Rooms need more than a view

三月 26, 1999

The outlook may be exciting but are teaching facilities up to scratch? Sally Brown lists common complaints about accommodation

University lecturers work in some of the most beautiful, historic, and valuable buildings in the country. They also work in conditions of appalling neglect: prefabs, dilapidated semi-conversions from other uses, rooms with crumbling plaster and disintegrating fixed seating.

The Quality Assessment Agency subject review process seeks to evaluate the quality of provision of learning resources. This includes the physical "plant" of the university.

Reviewers tend to recognise the inherent inequality between the physical resources of each university and strive to give credit for the achievements of lecturers in poor teaching accommodation who make the best of a bad job.

But even the plushest of accommodation can turn out to be difficult to teach in and even poor teaching rooms can have virtues.

Here are some of the principal causes of complaint.

Rooms with appalling acoustics

These make getting your point across to students exhausting and fruitless. Students who cannot hear the lecturer tend to behave badly or switch off. Lecturers consequently experience voice strain in trying to keep up the unequal struggle.

Rooms with poor visibility

Pillars or an L-shaped construction hamper visibility. Lecturers can attempt creative approaches such as teaching adjacent to the most central pillar or at the right angle of the L, but this tends to play havoc with their use of any audio-visual equipment.

Overhead projector screens

Many overhead projector screens, especially the fixed pull-down variety, seem to have been located at the only spot in the room where full sunlight shines in brightly on a winter's day. OHPs can only be seen if you shut out all the daylight. It also never seems possible to turn off those lights closest to the screen to increase visibility without plunging a large section of students into darkness.

Equipment that fails

It is amazing how many universities in the United Kingdom still supply overhead projectors with no fringe control, poor definition, or weak light, or indeed ones where one or both bulbs are blown. Missing screens, video players that do not play, and computer display equipment that crashes also add to the confusion.

Equipment with no instructions

Those who set up and equip new lecture theatres with the latest high-tech projection facilities often forget to provide training for those who will use it.

Faced with a console like the flight deck of Concorde, some resort to carrying an old OHP (with a selection of the faults mentioned above) into the venue.

Extraneous noise

Some of this is temporary or short-lived. Many classes are regularly disrupted by noisy building work, grindingly loud air conditioning or heating, or disturbances from other students in nearby rooms. The effect of close proximity to the student union is often forgotten by room timetablers who allocate teaching spaces on heavy "student nites".

Over or under-heating

Neither is conducive to effective student learning, and both result in a rash of student complaints. These are often the most difficult things to regulate, especially as many universities nowadays use remote computer-based environment management units with programmes that seem impossible to vary. Flinging open a window is no solution, especially when some student-tempting activity is occurring outside.

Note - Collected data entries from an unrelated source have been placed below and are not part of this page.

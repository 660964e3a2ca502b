-- ===== src/Thing/Acyclic.antt =====
-- pkg/model/thing/manager.go, pkg/model/thing/rest.go: creating, updating and deleting things makes no
-- cycle of parents.
use mathlib.Core.Path.{subst}
use mathlib.Core.List.{Memᴰ}
use harns.Prelude.{
  ℕ, suc, ◌+◌, ◌<◌, ◌≡◌, refl, sym, ap, ◌∙◌, ◌↔◌, inl, inr, arith, Bool, true, false, some,
  some-inj, none-ne-some, List, Bool-cases, if◌then◌else◌,
}
use harns.Prelude.Bytes.{eq_bytes, eq_bytes→eq, eq_bytes_self}
use harns.Prelude.Dict.{Dict, store, load-store}
use harns.Thing.{Thing, NewThing, done}
use harns.Thing.Types.{is_empty}
use harns.Thing.Stored.{load-Mem, store-Mem}
use harns.Thing.Inherit.{values}
use harns.Thing.Things.{ThingEnv, is_my_child_thing}
use harns.Thing.Update.{update}
use harns.Thing.Children.{IsOwned}
use harns.Thing.Below.{IsBelow, is_my_child_thing-IsBelow}
use harns.Thing.Cycle.{
  IsAcyclic, is_in_subtree, is_in_subtree-IsBelow, parent-is_in_subtree, is_my_child_thing-total,
}
use harns.Thing.Moves.{IsKeyed, IsSavingThing, IsMove, update-entry}

-- The things of a manager: each of the tenant, under its own identifier, and none below itself.
unfoldable pub IsWellFormed : List ℕ → Dict Thing → Type 0
IsWellFormed tenant things = IsOwned tenant things × IsKeyed things × IsAcyclic things

-- On well-formed things `isMyChildThing` returns, for every thing and with enough fuel, and says
-- whether the other thing stands below it, in any generation.
pub is_my_child_thing-decides :
    (tenant : List ℕ) (things : Dict Thing) (my_self id : List ℕ)
    → IsWellFormed tenant things
    → is_empty my_self ≡ false
    → (fuel : ℕ) × (b : Bool) × (is_my_child_thing fuel tenant things my_self id ≡ some b)
      × ((b ≡ true) ↔ IsBelow tenant things my_self id)
unfolding IsWellFormed IsAcyclic
is_my_child_thing-decides tenant things my_self id (owned, keyed, acyclic) e =
    let (height, rises) = acyclic in
    let (b, r) = is_my_child_thing-total tenant things owned height rises my_self id e in
    (
      suc (height my_self),
      b,
      r,
      is_my_child_thing-IsBelow tenant things (suc (height my_self)) my_self id b r,
    )

-- A thing that is not in the subtree of another may become its parent: what is not in the subtree is
-- lifted over it.
module _ (tenant : List ℕ) (things : Dict Thing) (owned : IsOwned tenant things)
    (height : List ℕ → ℕ)
    (rises : (t : Thing) (p : List ℕ)
      → Memᴰ t (values things)
      → t.parent ≡ some p
      → height t.meta.id < height p)
    (top : List ℕ) where
  lifted : List ℕ → ℕ
  lifted x =
      if is_in_subtree tenant things owned height rises top x
      then height x
      else height x + suc (height top)

  lifted-rises :
      (t : Thing) (p : List ℕ)
      → is_empty top ≡ false
      → Memᴰ t (values things)
      → t.parent ≡ some p
      → lifted t.meta.id < lifted p
  unfolding lifted
  lifted-rises t p e m q =
      elim (Bool-cases (is_in_subtree tenant things owned height rises top p)) [
        | inl inside ↦
            let child =
              parent-is_in_subtree tenant things owned height rises top p t e m q inside in
            rw (inside, child) (rises t p m q)
        | inr outside ↦
            let up = rises t p m q in
            elim (Bool-cases (is_in_subtree tenant things owned height rises top t.meta.id)) [
              | inl c ↦ rw (outside, c) (omega arith)
              | inr c ↦ rw (outside, c) (omega arith)
            ]
      ]

  lifted-top :
      (p : List ℕ)
      → is_in_subtree tenant things owned height rises top p ≡ false
      → lifted top < lifted p
  unfolding lifted is_in_subtree
  lifted-top p outside =
      let inside : is_in_subtree tenant things owned height rises top top ≡ true =
        rw (is_in_subtree, eq_bytes_self top) refl in
      rw (inside, outside) (omega arith)

  -- A thing that the search did not find below `top` is not in its subtree.
  found-outside :
      (fuel : ℕ) (p : List ℕ)
      → eq_bytes p top ≡ false
      → is_my_child_thing fuel tenant things top p ≡ some false
      → is_in_subtree tenant things owned height rises top p ≡ false
  found-outside fuel p other h =
      elim (Bool-cases (is_in_subtree tenant things owned height rises top p)) [
        | inr q ↦ q
        | inl q ↦ absurd (elim (is_in_subtree-IsBelow tenant things owned height rises top p q) [
          | inl same ↦
              let e : eq_bytes p top ≡ true = ap (eq_bytes p) same ∙ eq_bytes_self p in ground arith
          | inr below ↦
              let e : false ≡ true =
                (is_my_child_thing-IsBelow tenant things fuel top p false h).1 below in
              ground arith
        ])
      ]

update-IsAcyclic :
    (fuel : ℕ) (env : ThingEnv) (things : Dict Thing) (obj : NewThing) (old changed : Thing)
    (id : List ℕ)
    → IsOwned env.tenant things
    → IsKeyed things
    → IsAcyclic things
    → Memᴰ old (values things)
    → eq_bytes obj.parent_id old.meta.id ≡ false
    → changed.meta.id ≡ old.meta.id
    → IsMove fuel env things obj.parent_id old.meta.id old.parent changed.parent
    → IsAcyclic (store things id changed)
unfolding IsAcyclic IsMove IsKeyed IsOwned
update-IsAcyclic fuel env things obj old changed id owned keyed (height, rises) m other i move =
    let top = old.meta.id in
    let e = (owned old m).1 in
    let before = lifted-rises env.tenant things owned height rises top in
    (
      lifted env.tenant things owned height rises top,
      λ t p m' q. elim (store-Mem things id changed t m') [
        | inr there ↦ before t p e there q
        | inl same ↦
            let now : changed.parent ≡ some p = sym (ap (λ (x : Thing). x.parent) same) ∙ q in
            let from : t.meta.id ≡ top = ap (λ (x : Thing). x.meta.id) same ∙ i in
            let goes : lifted env.tenant things owned height rises top top
                < lifted env.tenant things owned height rises top p =
              elim move [
                | inl kept ↦ before old p e m (sym kept ∙ now)
                | inr moved ↦ elim moved [
                  | inl gone ↦ absurd (none-ne-some p (sym gone ∙ now))
                  | inr (parent, l, r, to) ↦
                      let p_id : parent.meta.id ≡ p = some-inj (sym to ∙ now) in
                      let target : obj.parent_id ≡ p = sym (keyed obj.parent_id parent l) ∙ p_id in
                      subst
                        (λ (x : List ℕ).
                          lifted env.tenant things owned height rises top top
                          < lifted env.tenant things owned height rises top x)
                        target
                        (lifted-top env.tenant things owned height rises top obj.parent_id (
                          found-outside env.tenant things owned height rises top fuel obj.parent_id
                            other r))
                ]
              ] in
            subst
              (λ (x : List ℕ).
                lifted env.tenant things owned height rises top x
                < lifted env.tenant things owned height rises top p)
              (sym from) goes
      ],
    )

pub store-IsKeyed :
    (things : Dict Thing) (id : List ℕ) (v : Thing)
    → IsKeyed things
    → v.meta.id ≡ id
    → IsKeyed (store things id v)
unfolding IsKeyed
store-IsKeyed things id v keyed i k x at = elim (Bool-cases (eq_bytes id k)) [
  | inl q ↦
      let found : some v ≡ some x = sym (load-store things id v k ∙ rw q refl) ∙ at in
      sym (ap (λ (y : Thing). y.meta.id) (some-inj found)) ∙ i ∙ eq_bytes→eq id k q
  | inr q ↦ keyed k x (sym (load-store things id v k ∙ rw q refl) ∙ at)
]

pub store-IsOwned :
    (tenant : List ℕ) (things : Dict Thing) (id : List ℕ) (v : Thing)
    → IsOwned tenant things
    → eq_bytes tenant v.meta.tenant ≡ true
    → is_empty v.meta.id ≡ false
    → IsOwned tenant (store things id v)
unfolding IsOwned
store-IsOwned tenant things id v owned mine named x m = elim (store-Mem things id v x m) [
  | inr there ↦ owned x there
  | inl same ↦ (
    ap (λ (y : Thing). eq_bytes tenant y.meta.tenant) same ∙ mine,
    ap (λ (y : Thing). is_empty y.meta.id) same ∙ named,
  )
]

-- An update through the REST interface that succeeds keeps the things well-formed, whatever parent the
-- request names: none stands below itself afterwards. The store answers with the thing that it was
-- given.
pub update-IsWellFormed :
    (fuel : ℕ) (env : ThingEnv) (things things' : Dict Thing) (id version : List ℕ) (obj : NewThing)
    (t : Thing)
    → IsSavingThing env
    → IsWellFormed env.tenant things
    → update fuel env things id version obj ≡ done (things', t)
    → IsWellFormed env.tenant things'
unfolding IsWellFormed IsOwned IsKeyed
update-IsWellFormed fuel env things things' id version obj t saving (owned, keyed, acyclic) h =
    let (old, changed, l, other, i, n, move, e) =
      update-entry fuel env things obj id version t things' saving h in
    let m = load-Mem things id old l in
    let (mine, named) = owned old m in
    subst (λ (d : Dict Thing). IsWellFormed env.tenant d) (sym e)
      (
        store-IsOwned env.tenant things id changed owned (ap (eq_bytes env.tenant) n ∙ mine)
            (ap is_empty i ∙ named),
        store-IsKeyed things id changed keyed (i ∙ keyed id old l),
        update-IsAcyclic fuel env things obj old changed id owned keyed acyclic m other i move,
      )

Exciting views through the window

A colleague teaching in a venue half way up a mountain side in New Zealand reports being totally thrown by the sight of people parachuting past the window.

The students were undisturbed as they were used to the commercial para-descending school located on the ridge above the venue.

Fixed seating with no flexibility

Lecture theatres can be particularly problematic where the seating was designed for large male students with long legs, so females have to stretch uncomfortably to reach the fixed bench provided for notemaking.

Bored and uncomfortable students often take their frustrations out on the upholstery or woodwork as well, leading to scruffy and graffitti-covered furniture.

Nevertheless, even the worst rooms can have their bonuses. A barn-like hall was shunned at one university as unusable.

But it was ideal for large-scale small group work by a particular colleague. It was the only place she could find where she could get 15 groups of five students working together independently with herself in the middle acting as a help desk.

Similarly a colleague teaching in a room with excellent views out of the window of a noisy urban motorway used the situation for some live statistical analysis to demonstrate a particular package, following students' counting of type, colour and make of vehicles.

In the end, we have to make the most of what we have got and academics are remarkably resourceful at coping in less than perfect contexts. Fortunately students are often amazingly tolerant, especially where the lecturer concerned has an air of charisma, wisdom and intellectual integrity to make them unaware of their surroundings.

Sally Brown is head of the quality enhancement unit, University of Northumbria at Newcastle.